Pork production in Cuba fell by almost 90% in four years

Pork production in Cuba fell by almost 90% in four years

HAVANA, Nov 21. Pork production in Cuba fell by almost 90% in four years and Spain has taken advantage of this decline to become the main exporterof the product to the Island, according to the Institute of Foreign Trade of the Iberian nation (ICEX), on its exports and investments.

The ICEX study, titled “The pork sector market in Cuba”, reveals that pork production on the Island decreased by almost 90% between 2018 and 2022, when 15,000 tons were obtained, according to that Spanish entity. .

According to official figures from the Cuban State, almost 200,000 tons of pork were produced on the Island in 2018. Four years later, the authorities announced a goal of 26,000 tons, but the state press has not published the production obtained.

The report from the Spanish Institute points out that the economic crisis that Cuba is going through affects all aspects of the country’s life and significantly affects animal husbandry.

As the report points out, the majority of companies dedicated to livestock production are in state hands. “There is also a recently created mixed company that is dedicated to this sector,” the report notes.

In September 2022, the official press reported that the Carne D’Tres MSME was the first private company in Cuba authorized by the Government to receive foreign investment.

Meat production in Cuba is also mainly in the hands of state companies and some with foreign participation, according to the document. For this reason, the main source of supply of pork is imports, which, according to the ICEX, increased from 10 million dollars in 2018 and 40 million in 2022.

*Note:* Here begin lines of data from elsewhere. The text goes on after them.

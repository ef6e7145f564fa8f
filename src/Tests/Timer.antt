-- ===== src/Tests/Timer.antt =====
-- A core over a bus with the timer of Core/Clint.antt on it: a store of an instruction raises the
-- interrupt of the core before the instruction is done.
use redplanet.Base.{
  ℕ, ◌/◌, ◌*◌, ◌≡◌, ◌==◌, ltb, refl, sym, arith, Bool, true, false, Option, none, some, List, [],
  ◌∷◌, length, bit_or, ◌+◌, ◌<<<◌, if◌then◌else◌, u32_to_le_bytes, u64_to_le_bytes,
}
use redplanet.Registers
use redplanet.Interrupt.{Signal}
use redplanet.Core.Machine.{Core}
use redplanet.Core.Cause.{Interrupt, Cause}
use redplanet.Core.Clint
use redplanet.Instruction.Fields
use redplanet.Core.Execute.Dispatch
use redplanet.Core.Mmu.Ports
use redplanet.Core.State.{SystemBus, BusOutcome, accessed, Rest}
use redplanet.Core.State
use redplanet.Core.Mmu.Sound.{to_le_bytes-IsBytes}
use redplanet.Core.Sound.{IsSoundBus, IsBytes}
use redplanet.Core.Mmu
use redplanet.Core.Step
use redplanet.Core.Step.Sound as StepSound
use redplanet.Core.Step.Laws as StepLaws
use redplanet.Tests.Whole.{config, hart_id-lt, vector-IsCodeAddress}

abbrev signalling : Clint.State × Signal → BusOutcome Clint.State (Unit {0})
signalling (s, signal) = accessed tt s ((Interrupt.machine_timer_interrupt, signal) ∷ [])

-- Below the registers of the timer, every word is `sw x0, 0(x5)`.
abbrev bytes_at : (buf : List ℕ) → (address : ℕ) → Clint.State → List ℕ
bytes_at buf address s =
    if ltb address 0x4000
    then Mmu.to_le_bytes (length buf) 0x0002_A023
    else Clint.read buf s address

unfoldable pub timer_bus : SystemBus Clint.State
timer_bus = record {
  read = λ buf address s. accessed (bytes_at buf address s) s [];
  read_debug = λ buf address s. some (bytes_at buf address s);
  write = λ address buf s. signalling (Clint.write address buf s);
  accepts = λ address size t. true;
}

-- With the timer due at its next tick, its interrupt on, and the address of mtimecmp in x5.
abbrev armed : Core (Rest Clint.State)
unfolding State.new config
armed =
    let c = State.new config (record { mtime = 9; mtimecmp = 10 }) in
    record c {
      registers = Registers.set_x c.registers 5 0x4000;
      hart = record c.hart {
        status = record { mstatus = 8; mstatush = 0 };
        rest = record c.hart.rest { interrupts = record c.hart.rest.interrupts { mie = 0x80 } };
      };
    }

IsAny : Clint.State → Type 0
IsAny s = Unit

if-IsBytes :
    (n : ℕ) (b : Bool) (k l : List ℕ)
    → (b ≡ true → IsBytes n k)
    → IsBytes n l
    → IsBytes n (if b then k else l)
if-IsBytes n true k l hk hl = hk refl
if-IsBytes n false k l hk hl = hl

four-IsBytes :
    (n v : ℕ) (buf : List ℕ)
    → length buf ≡ n
    → (length buf == 4) ≡ true
    → IsBytes n (u32_to_le_bytes v)
four-IsBytes n v buf len e =
    (ground arith, (omega arith, (omega arith, (omega arith, (omega arith, tt)))))

eight-IsBytes :
    (n v : ℕ) (buf : List ℕ)
    → length buf ≡ n
    → (length buf == 8) ≡ true
    → IsBytes n (u64_to_le_bytes v)
eight-IsBytes n v buf len e = (
  ground arith,
  (
    omega arith,
    (
      omega arith,
      (omega arith, (omega arith, (omega arith, (omega arith, (omega arith, (omega arith, tt)))))),
    ),
  ),
)

read-IsBytes :
    (n : ℕ) (buf : List ℕ) (address : ℕ) (s : Clint.State)
    → IsBytes n buf
    → IsBytes n (Clint.read buf s address)
unfolding Clint.read
read-IsBytes n buf address s h =
    if-IsBytes n (address == address / 4 * 4) supported buf
      (λ _.
        if-IsBytes n (length buf == 4) four other
          (λ e. four-IsBytes n (Clint.read_u32 s address) buf h.0 e)
          (if-IsBytes n (length buf == 8) eight buf (λ e. eight-IsBytes n wide buf h.0 e) h))
      h
  where
    wide : ℕ
    wide = bit_or (Clint.read_u32 s address <<< 32) (Clint.read_u32 s (address + 4))

    four : List ℕ
    four = u32_to_le_bytes (Clint.read_u32 s address)

    eight : List ℕ
    eight = u64_to_le_bytes wide

    other : List ℕ
    other = if length buf == 8 then eight else buf

    supported : List ℕ
    supported = if length buf == 4 then four else other

timer_bus-IsSound : IsSoundBus IsAny timer_bus
unfolding timer_bus IsAny
timer_bus-IsSound = record {
  bytes_read = λ n buf address s h p. (any_bytes n buf address s h, tt);
  bytes_written = λ n buf address s h p. tt;
}
  where
    any_bytes :
        (n : ℕ) (buf : List ℕ) (address : ℕ) (s : Clint.State)
        → IsBytes n buf
        → IsBytes n (bytes_at buf address s)
    any_bytes n buf address s h =
        if-IsBytes n (ltb address 0x4000) (Mmu.to_le_bytes (length buf) 0x0002_A023)
          (Clint.read buf s address)
          (λ _. rw (sym h.0) (to_le_bytes-IsBytes (length buf) 0x0002_A023))
          (read-IsBytes n buf address s h)

-- The cause of the last trap to M-mode, and where it came from.
seen : Step.Stepped (Rest Clint.State) → Option (Cause × ℕ)
seen (Step.stopped p) = none
seen (Step.stepped c) = some (c.hart.rest.trap.last_m_trap_cause, c.hart.mepc)

-- The store makes the timer raise its interrupt, and the same step takes it, after the store.
store_interrupts :
    seen (Step.step config timer_bus armed)
    ≡ some (Cause.interrupt (some Interrupt.machine_timer_interrupt), 0x1004)
unfolding Step.step config timer_bus seen armed Registers.set_x Fields.opcode Fields.s_width
    Fields.funct3 Dispatch.execute_store Ports.write_value State.after_calls Clint.write Fields.rs1
    Fields.s_imm Clint.needs_interrupt Fields.rs2
store_interrupts = refl

-- Ticks of the timer between the steps.
abbrev turns : List (StepLaws.Turn Clint.State)
turns =
    StepLaws.Turn.core_step
    ∷ StepLaws.Turn.device_tick (λ s. signalling (Clint.step s))
    ∷ StepLaws.Turn.core_step
    ∷ StepLaws.Turn.device_tick (λ s. signalling (Clint.step s))
    ∷ []

steps-new-IsSound_example :
    StepSound.IsSoundStep IsAny (StepLaws.steps config timer_bus turns (State.new config Clint.new))
unfolding IsAny
steps-new-IsSound_example =
    StepLaws.steps-new-IsSound IsAny config timer_bus timer_bus-IsSound hart_id-lt turns Clint.new
      (tt, ((λ s p. tt), (tt, ((λ s p. tt), tt)))) vector-IsCodeAddress tt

The main supplier of pork to Cuba in 2022 was Spain, according to the ICEX. A report from the Spanish entity from November last year maintained that “pork meat” had been the most exported product from Spain to Cuba from January to September 2022.

According to this ICEX report, the second largest exporter of pork to Cuba is Canada, and Brazil is in third place.

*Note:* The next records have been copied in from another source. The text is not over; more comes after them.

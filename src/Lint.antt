-- ===== src/Lint.antt =====
-- embedjson_lint.c: the callbacks of the command-line tool and its state.
pub mod Main
pub mod Exit
pub mod Growth
pub mod Misread
use Prim.Native.String.{String}
use embedjson.Base.{
  ℕ, suc, ◌+◌, ◌*◌, ◌-◌, ◌%◌, ◌^◌, Bool, true, false, List, [], ◌∷◌, Option, none, some,
  if◌then◌else◌,
}
use embedjson.Base.Ints.{ℤ}
use embedjson.Client.{
  Event, null, bool, int, double, string_begin, string_chunk, string_end, object_begin, object_end,
  array_begin, array_end, bignum_begin, bignum_chunk, bignum_end, Client,
}
use embedjson.Common.{ErrorCode, no_error, internal_error, Position, null_position, error_ex}
use embedjson.Config.{size_mod}

-- A call of `printf`: its format and its argument, if it has one.
pub data Printed (D : Type 0) : Type 0 where
  text : String → Printed D
  with_int : String → ℤ → Printed D
  with_double : String → D → Printed D
  with_bytes : String → List ℕ → Printed D

-- What is printed to stderr: a symbol and a message.
pub record Complaint : Type 0 where
  pub symbol : ℕ
  pub message : String

-- The variables of the program, and what it has printed, the last line first.
pub record Lint (D : Type 0) : Type 0 where
  pub verbose : Bool
  pub input_file : Option (List ℕ)
  pub error_position : Position
  pub error_code : ErrorCode
  pub output : List (Printed D)
  pub complaints : List Complaint

abbrev pub initial_lint : {D : Type 0} → Lint D
initial_lint = record {
  verbose = false;
  input_file = none;
  error_position = null_position;
  error_code = no_error;
  output = [];
  complaints = [];
}

-- EMBEDJSON_PRINTF
unfoldable pub print : {D : Type 0} → Printed D → Lint D → Lint D
print line u = if u.verbose then record u { output = line ∷ u.output } else u

-- `embedjson_error`
abbrev pub lint_error : {D : Type 0} → Position → Lint D → ℕ × Lint D
lint_error position u = (1, record u { error_position = position; error_code = internal_error })

-- What each callback prints.
abbrev pub line_of : {D : Type 0} → Event D → Printed D
line_of null = text "null\n"
line_of (bool true) = text "bool true\n"
line_of (bool false) = text "bool false\n"
line_of (int value) = with_int "int %lld\n" value
line_of (double value) = with_double "double %lf\n" value
line_of string_begin = text "begin string\n"
line_of (string_chunk chunk) = with_bytes "string %.*s\n" chunk
line_of string_end = text "end string\n"
line_of object_begin = text "begin object\n"
line_of object_end = text "end object\n"
line_of array_begin = text "begin array\n"
line_of array_end = text "end array\n"
line_of (bignum_begin value) = with_int "begin big number, initial value %lld\n" value
line_of (bignum_chunk chunk) = with_bytes "bignum %.*s\n" chunk
line_of bignum_end = text "end bignum\n"

-- The callbacks of values.
unfoldable pub lint_event : {D : Type 0} → Event D → Lint D → ℕ × Lint D
lint_event e u = (0, print (line_of e) u)

-- `-1` as the bit pattern of an `int`.
abbrev pub minus_one : ℕ
minus_one = 2 ^ 32 - 1

-- Behind `realloc`: `none` is the null pointer.
unfoldable pub reallocated :
    {D : Type 0} → List ℕ → ℕ → ℕ → Lint D → Option (List ℕ) → ℕ × List ℕ × ℕ × Lint D
reallocated stack cap new_stack_capacity u none = (minus_one, stack, cap, u)
reallocated stack cap new_stack_capacity u (some new_stack) = (0, new_stack, new_stack_capacity, u)

-- `embedjson_stack_overflow`. `realloc` is the C library's: the block of the new size, if there is
-- memory.
unfoldable pub lint_overflow :
    {D : Type 0}
    → (List ℕ → ℕ → Option (List ℕ))
    → List ℕ
    → ℕ
    → ℕ
    → Lint D
    → ℕ × List ℕ × ℕ × Lint D
lint_overflow realloc stack size cap u =
    let new_stack_capacity = (2 * cap + 1) % size_mod in
    reallocated stack cap new_stack_capacity u (realloc stack new_stack_capacity)

-- The user's functions that the program supplies.
abbrev pub lint_client : {D : Type 0} → (List ℕ → ℕ → Option (List ℕ)) → Client (Lint D) D
lint_client realloc = record {
  event = lint_event;
  error_ex = λ code position u. error_ex lint_error code position u;
  stack_overflow = lint_overflow realloc;
}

Until 2021, Spain and Canada exported similar figures of pork to Cuba, but in 2022 the Iberian nation’s exports increased. That jump was due “to subheading 0203.29, relating to frozen pork,” according to the report.

But that amount of imported pork, which quadrupled in four years, does not reach the tables of most Cubans. According to the report itself, “the main factors behind the demand for pork currently are: tourism and the consolidation of the middle class.”

For Cubans, pork has become a luxury item that those who do not receive remittances from abroad cannot afford. The average salary of a worker, which is around 4,000 pesos, is not enough to purchase the meat that used to be very present in the population’s diet and whose consumption was traditional at the end of the year.

At the moment, in Santiago de Cuba it is sold for 500 pesos; In Holguín, the price is around 380 pesos, but it is scarce. In Havana, it already exceeds 600 pesos.

In September, a Cuban MSME began marketing imported pork at 650 Cuban pesos per pound and, as another of these businesses did in Havana, but with chicken, it sold the product in the middle of the street, directly from the refrigerated container that left the port. .

In October, it emerged that the already low goal of producing 27,000 tons of pork in 2023 would be difficult to meet. As is usual in official discourse, the state press blamed the probable non-compliance on the US embargo.

Days before, the state press had reported that the Granma Provincial Pork Company owed thousands of pesos in freely convertible currency (MLC) to pork producers. Producer Alejandro Sosa Rodríguez denounced that he had been waiting since last February for payment for the meat that he sold to the state company after signing a contract.

The entity proposed to pay the debt with the feed used to feed the pigs, but the farmer learned that the type of feed with which they proposed to pay him had been in deficit for more than a month.